## [TASK PROMPT]
Where does the string "other" appear in the material? Copy each line that holds it.

==== RECORDS PROVIDED

-- ===== src/Inverse/Renamed.antt =====
-- The inverse table as the inverse of the successors, which a renaming of two clusters keeps.
use libllfat.Prelude.{ℕ, ◌+◌, ◌≤◌, ◌≡◌, refl, ap, sym, ◌∙◌, arith, List, length, inl, inr}
use libllfat.Prelude.Int.{ℤ, pos, negsuc, pos_part}
use libllfat.Table.Chains.{IsNext}
use libllfat.Reference.Target.{Reference, entry, chain}
use libllfat.Reference.Move.{swap_ℕ}
use libllfat.Reference.Renames.{rename, renamed}
use libllfat.Inverse.Slots.{Slot, slot}

-- Of each cluster that follows another in the table, the slot has that other one as its reference, and a
-- slot has no other cluster.
pub record IsInverse (last : ℕ) (v : ℕ → ℤ) (rev : List Slot) : Type 0 where
  pub sized : length rev ≡ last + 2
  pub nexts : (c : ℕ) → 2 ≤ c → c ≤ last → IsNext last (v c)
  pub points :
      (c t : ℕ) → 2 ≤ c → c ≤ last → 1 ≤ t → v c ≡ pos t → (slot rev t).reference ≡ chain (pos c)
  pub back :
      (t p : ℕ)
      → 1 ≤ t
      → t ≤ last
      → (slot rev t).reference ≡ chain (pos p)
      → 2 ≤ p
      → (p ≤ last) × (v p ≡ pos t)

-- The exchange of two clusters in a reference.
abbrev pub rename_reference : (a b : ℕ) → Reference → Reference
rename_reference a b (entry d i) = entry (swap_ℕ a b d) i
rename_reference a b (chain w) = chain (rename a b w)

pub swap_swap : (a b n : ℕ) → swap_ℕ a b (swap_ℕ a b n) ≡ n
swap_swap a b n = ground arith

pub swap_bounds :
    (a b n lo hi : ℕ)
    → lo ≤ a
    → a ≤ hi
    → lo ≤ b
    → b ≤ hi
    → lo ≤ n
    → n ≤ hi
    → (lo ≤ swap_ℕ a b n) × (swap_ℕ a b n ≤ hi)
swap_bounds a b n lo hi h₁ h₂ h₃ h₄ h₅ h₆ = ground arith

abbrev is_chain : Reference → ℕ
is_chain (entry d i) = 0
is_chain (chain w) = 1

abbrev previous : Reference → ℤ
previous (entry d i) = negsuc 0
previous (chain w) = w

pub chain-injective : (m n : ℕ) → ◌≡◌ {A = Reference} (chain (pos m)) (chain (pos n)) → m ≡ n
chain-injective m n e = ap pos_part (ap previous e)

pub rename-pos : (a b : ℕ) (w : ℤ) (s : ℕ) → rename a b w ≡ pos s → w ≡ pos (swap_ℕ a b s)
rename-pos a b (pos n) s e =
    ap pos (sym (swap_swap a b n) ∙ ap (λ (k : ℕ). swap_ℕ a b k) (ap pos_part e))
rename-pos a b (negsuc n) s e = absurd (ground (arith, e))

rename_reference-chain :
    (a b : ℕ) (r : Reference) (p : ℕ)
    → rename_reference a b r ≡ chain (pos p)
    → r ≡ chain (pos (swap_ℕ a b p))
rename_reference-chain a b (entry d i) p e = absurd (ground (arith, ap is_chain e))
rename_reference-chain a b (chain w) p e = ap chain (rename-pos a b w p (ap previous e))

module _ (last : ℕ) (v : ℕ → ℤ) (rev rev' : List Slot) (a b : ℕ) (a_lo : 2 ≤ a) (a_hi : a ≤ last)
    (b_lo : 2 ≤ b) (b_hi : b ≤ last) (inverse : IsInverse last v rev)
    (sized : length rev' ≡ length rev)
    (slots : (s : ℕ)
      → 1 ≤ s
      → s ≤ last
      → (slot rev' s).reference ≡ rename_reference a b (slot rev (swap_ℕ a b s)).reference) where
  in_range : (m : ℕ) → 2 ≤ m → m ≤ last → (2 ≤ swap_ℕ a b m) × (swap_ℕ a b m ≤ last)
  in_range m lo hi = swap_bounds a b m 2 last a_lo a_hi b_lo b_hi lo hi

  in_slots : (m : ℕ) → 1 ≤ m → m ≤ last → (1 ≤ swap_ℕ a b m) × (swap_ℕ a b m ≤ last)
  in_slots m lo hi = swap_bounds a b m 1 last (omega arith) a_hi (omega arith) b_hi lo hi

  rename-IsNext : (w : ℤ) → IsNext last w → IsNext last (rename a b w)
  rename-IsNext w (inl (k, e, hi)) = rw e (inl (swap_ℕ a b k, refl, ground arith))
  rename-IsNext w (inr (inl e)) = rw e (inr (inl refl))
  rename-IsNext w (inr (inr e)) = rw e (inr (inr refl))

  reaches : (m s : ℕ) → 2 ≤ m → m ≤ last → 1 ≤ s → renamed a b v m ≡ pos s → s ≤ last
  reaches m s lo hi s_lo e =
      let (m_lo, m_hi) = in_range m lo hi in
      elim (rename-IsNext _ (inverse.nexts (swap_ℕ a b m) m_lo m_hi)) [
        | inl (k, at, k_hi) ↦ omega (arith, ap pos_part (sym at ∙ e))
        | inr (inl at) ↦ absurd (ground (arith, sym at ∙ e))
        | inr (inr at) ↦ absurd (ground (arith, sym at ∙ e))
      ]

  pub renamed-IsInverse : IsInverse last (renamed a b v) rev'
  renamed-IsInverse = record {
    sized = sized ∙ inverse.sized;
    nexts = λ m lo hi.
        let (m_lo, m_hi) = in_range m lo hi in
        rename-IsNext _ (inverse.nexts (swap_ℕ a b m) m_lo m_hi);
    points = λ m s lo hi s_lo e.
        let (m_lo, m_hi) = in_range m lo hi in
        let s_hi = reaches m s lo hi s_lo e in
        let (s_lo', _) = in_slots s s_lo s_hi in
        slots s s_lo s_hi
        ∙ ap (rename_reference a b)
            (inverse.points (swap_ℕ a b m) (swap_ℕ a b s) m_lo m_hi s_lo' (rename-pos a b _ s e))
        ∙ ap (λ (k : ℕ). chain (pos k)) (swap_swap a b m);
    back = λ s p s_lo s_hi e p_lo.
        let (s_lo', s_hi') = in_slots s s_lo s_hi in
        let was = rename_reference-chain a b _ p (sym (slots s s_lo s_hi) ∙ e) in
        let (hi, at) = inverse.back (swap_ℕ a b s) (swap_ℕ a b p) s_lo' s_hi' was (ground arith) in
        (ground arith, ap (rename a b) at ∙ ap pos (swap_swap a b s));
  }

========

## [TASK RESPONSE]
-- Of each cluster that follows another in the table, the slot has that other one as its reference, and a
-- slot has no other cluster.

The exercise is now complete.